WORK REQUIRED – Among the records below, find the line that has "-- ===== src/Keyboard/Ps2.antt"; from there, give the lines again exactly, and stop after the line that has "out_index = λ".

DATA IN THIS EXERCISE –
========================================

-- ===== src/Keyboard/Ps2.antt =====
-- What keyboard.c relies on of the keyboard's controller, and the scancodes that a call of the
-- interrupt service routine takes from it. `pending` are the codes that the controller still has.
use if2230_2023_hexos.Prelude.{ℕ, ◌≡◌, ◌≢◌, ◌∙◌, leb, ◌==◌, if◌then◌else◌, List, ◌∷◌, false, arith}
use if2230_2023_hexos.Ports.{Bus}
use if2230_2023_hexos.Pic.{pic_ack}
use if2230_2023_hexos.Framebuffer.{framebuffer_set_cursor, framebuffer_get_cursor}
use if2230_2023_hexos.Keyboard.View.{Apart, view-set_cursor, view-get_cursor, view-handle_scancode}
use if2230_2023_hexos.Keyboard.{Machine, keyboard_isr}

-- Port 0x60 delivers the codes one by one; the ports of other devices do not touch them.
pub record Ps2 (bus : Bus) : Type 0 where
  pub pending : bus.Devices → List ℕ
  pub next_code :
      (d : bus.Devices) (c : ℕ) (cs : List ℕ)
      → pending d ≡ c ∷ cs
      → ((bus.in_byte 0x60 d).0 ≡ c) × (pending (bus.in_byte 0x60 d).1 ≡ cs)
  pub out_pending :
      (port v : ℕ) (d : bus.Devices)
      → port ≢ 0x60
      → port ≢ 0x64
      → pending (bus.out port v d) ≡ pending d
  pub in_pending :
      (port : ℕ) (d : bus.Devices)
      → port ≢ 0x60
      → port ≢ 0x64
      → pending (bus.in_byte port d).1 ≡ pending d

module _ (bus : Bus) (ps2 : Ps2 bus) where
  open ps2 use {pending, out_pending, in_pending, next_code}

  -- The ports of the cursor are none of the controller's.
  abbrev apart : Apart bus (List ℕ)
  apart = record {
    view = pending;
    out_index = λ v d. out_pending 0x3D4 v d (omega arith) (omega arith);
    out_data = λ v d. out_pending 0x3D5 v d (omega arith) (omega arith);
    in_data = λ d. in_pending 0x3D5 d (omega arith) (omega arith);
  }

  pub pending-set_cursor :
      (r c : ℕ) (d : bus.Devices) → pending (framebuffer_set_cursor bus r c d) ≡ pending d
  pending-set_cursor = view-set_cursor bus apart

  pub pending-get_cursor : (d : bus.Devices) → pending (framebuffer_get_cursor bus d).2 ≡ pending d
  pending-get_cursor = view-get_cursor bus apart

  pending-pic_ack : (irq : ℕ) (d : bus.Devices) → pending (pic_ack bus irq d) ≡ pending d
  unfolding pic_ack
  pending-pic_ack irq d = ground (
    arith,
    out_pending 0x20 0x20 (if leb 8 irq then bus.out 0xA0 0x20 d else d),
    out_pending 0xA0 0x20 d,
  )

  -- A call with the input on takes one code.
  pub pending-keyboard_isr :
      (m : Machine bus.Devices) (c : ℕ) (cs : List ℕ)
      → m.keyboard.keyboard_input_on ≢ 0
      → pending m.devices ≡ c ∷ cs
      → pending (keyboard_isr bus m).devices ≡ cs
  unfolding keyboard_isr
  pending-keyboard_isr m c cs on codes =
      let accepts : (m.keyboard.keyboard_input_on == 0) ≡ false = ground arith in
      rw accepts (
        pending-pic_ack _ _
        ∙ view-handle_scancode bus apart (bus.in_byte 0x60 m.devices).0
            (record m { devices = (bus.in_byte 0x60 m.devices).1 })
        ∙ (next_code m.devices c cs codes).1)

========================================

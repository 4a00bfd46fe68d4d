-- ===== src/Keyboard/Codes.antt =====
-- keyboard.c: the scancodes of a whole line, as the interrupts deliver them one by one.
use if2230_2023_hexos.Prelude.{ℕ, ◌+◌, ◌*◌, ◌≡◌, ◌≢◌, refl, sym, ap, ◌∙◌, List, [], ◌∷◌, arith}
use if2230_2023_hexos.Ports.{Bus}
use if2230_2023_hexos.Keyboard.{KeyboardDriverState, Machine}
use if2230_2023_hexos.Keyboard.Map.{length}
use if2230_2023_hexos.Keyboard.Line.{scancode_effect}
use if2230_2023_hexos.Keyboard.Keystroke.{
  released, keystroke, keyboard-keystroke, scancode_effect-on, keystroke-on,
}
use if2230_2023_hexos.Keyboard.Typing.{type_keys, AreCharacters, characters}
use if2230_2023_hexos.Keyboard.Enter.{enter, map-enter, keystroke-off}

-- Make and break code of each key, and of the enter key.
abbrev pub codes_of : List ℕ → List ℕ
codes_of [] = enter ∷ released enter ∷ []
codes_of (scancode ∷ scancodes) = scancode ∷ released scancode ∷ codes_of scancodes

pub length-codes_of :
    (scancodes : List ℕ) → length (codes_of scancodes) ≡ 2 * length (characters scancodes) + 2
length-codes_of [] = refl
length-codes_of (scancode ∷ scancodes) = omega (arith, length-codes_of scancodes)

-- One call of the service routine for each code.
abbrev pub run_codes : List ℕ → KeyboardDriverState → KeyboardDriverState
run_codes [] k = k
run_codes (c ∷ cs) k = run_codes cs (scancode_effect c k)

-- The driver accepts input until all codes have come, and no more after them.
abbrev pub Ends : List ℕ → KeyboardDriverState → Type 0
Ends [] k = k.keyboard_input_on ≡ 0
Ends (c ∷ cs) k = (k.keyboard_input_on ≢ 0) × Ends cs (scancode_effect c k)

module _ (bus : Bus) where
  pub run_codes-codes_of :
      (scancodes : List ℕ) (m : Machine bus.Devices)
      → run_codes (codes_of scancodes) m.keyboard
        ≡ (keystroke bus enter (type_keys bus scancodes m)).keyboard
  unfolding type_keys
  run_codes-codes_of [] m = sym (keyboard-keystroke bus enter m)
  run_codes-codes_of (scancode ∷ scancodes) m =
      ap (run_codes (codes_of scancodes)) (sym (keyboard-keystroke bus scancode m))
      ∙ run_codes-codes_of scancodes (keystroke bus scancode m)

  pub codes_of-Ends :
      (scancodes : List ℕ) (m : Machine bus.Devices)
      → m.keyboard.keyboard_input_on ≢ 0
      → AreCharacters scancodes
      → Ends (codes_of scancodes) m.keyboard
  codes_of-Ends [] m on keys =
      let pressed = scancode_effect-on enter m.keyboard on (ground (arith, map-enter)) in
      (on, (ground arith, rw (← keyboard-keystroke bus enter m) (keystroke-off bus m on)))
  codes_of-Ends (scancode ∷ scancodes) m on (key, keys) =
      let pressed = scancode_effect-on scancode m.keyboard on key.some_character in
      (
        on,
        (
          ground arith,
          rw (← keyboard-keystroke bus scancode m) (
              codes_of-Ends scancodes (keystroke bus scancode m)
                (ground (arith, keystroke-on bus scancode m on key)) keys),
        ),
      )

========================================

EXERCISE SOLUTION –
-- ===== src/Keyboard/Ps2.antt =====
-- What keyboard.c relies on of the keyboard's controller, and the scancodes that a call of the
-- interrupt service routine takes from it. `pending` are the codes that the controller still has.
use if2230_2023_hexos.Prelude.{ℕ, ◌≡◌, ◌≢◌, ◌∙◌, leb, ◌==◌, if◌then◌else◌, List, ◌∷◌, false, arith}
use if2230_2023_hexos.Ports.{Bus}
use if2230_2023_hexos.Pic.{pic_ack}
use if2230_2023_hexos.Framebuffer.{framebuffer_set_cursor, framebuffer_get_cursor}
use if2230_2023_hexos.Keyboard.View.{Apart, view-set_cursor, view-get_cursor, view-handle_scancode}
use if2230_2023_hexos.Keyboard.{Machine, keyboard_isr}

-- Port 0x60 delivers the codes one by one; the ports of other devices do not touch them.
pub record Ps2 (bus : Bus) : Type 0 where
  pub pending : bus.Devices → List ℕ
  pub next_code :
      (d : bus.Devices) (c : ℕ) (cs : List ℕ)
      → pending d ≡ c ∷ cs
      → ((bus.in_byte 0x60 d).0 ≡ c) × (pending (bus.in_byte 0x60 d).1 ≡ cs)
  pub out_pending :
      (port v : ℕ) (d : bus.Devices)
      → port ≢ 0x60
      → port ≢ 0x64
      → pending (bus.out port v d) ≡ pending d
  pub in_pending :
      (port : ℕ) (d : bus.Devices)
      → port ≢ 0x60
      → port ≢ 0x64
      → pending (bus.in_byte port d).1 ≡ pending d

module _ (bus : Bus) (ps2 : Ps2 bus) where
  open ps2 use {pending, out_pending, in_pending, next_code}

  -- The ports of the cursor are none of the controller's.
  abbrev apart : Apart bus (List ℕ)
  apart = record {
    view = pending;
    out_index = λ v d. out_pending 0x3D4 v d (omega arith) (omega arith);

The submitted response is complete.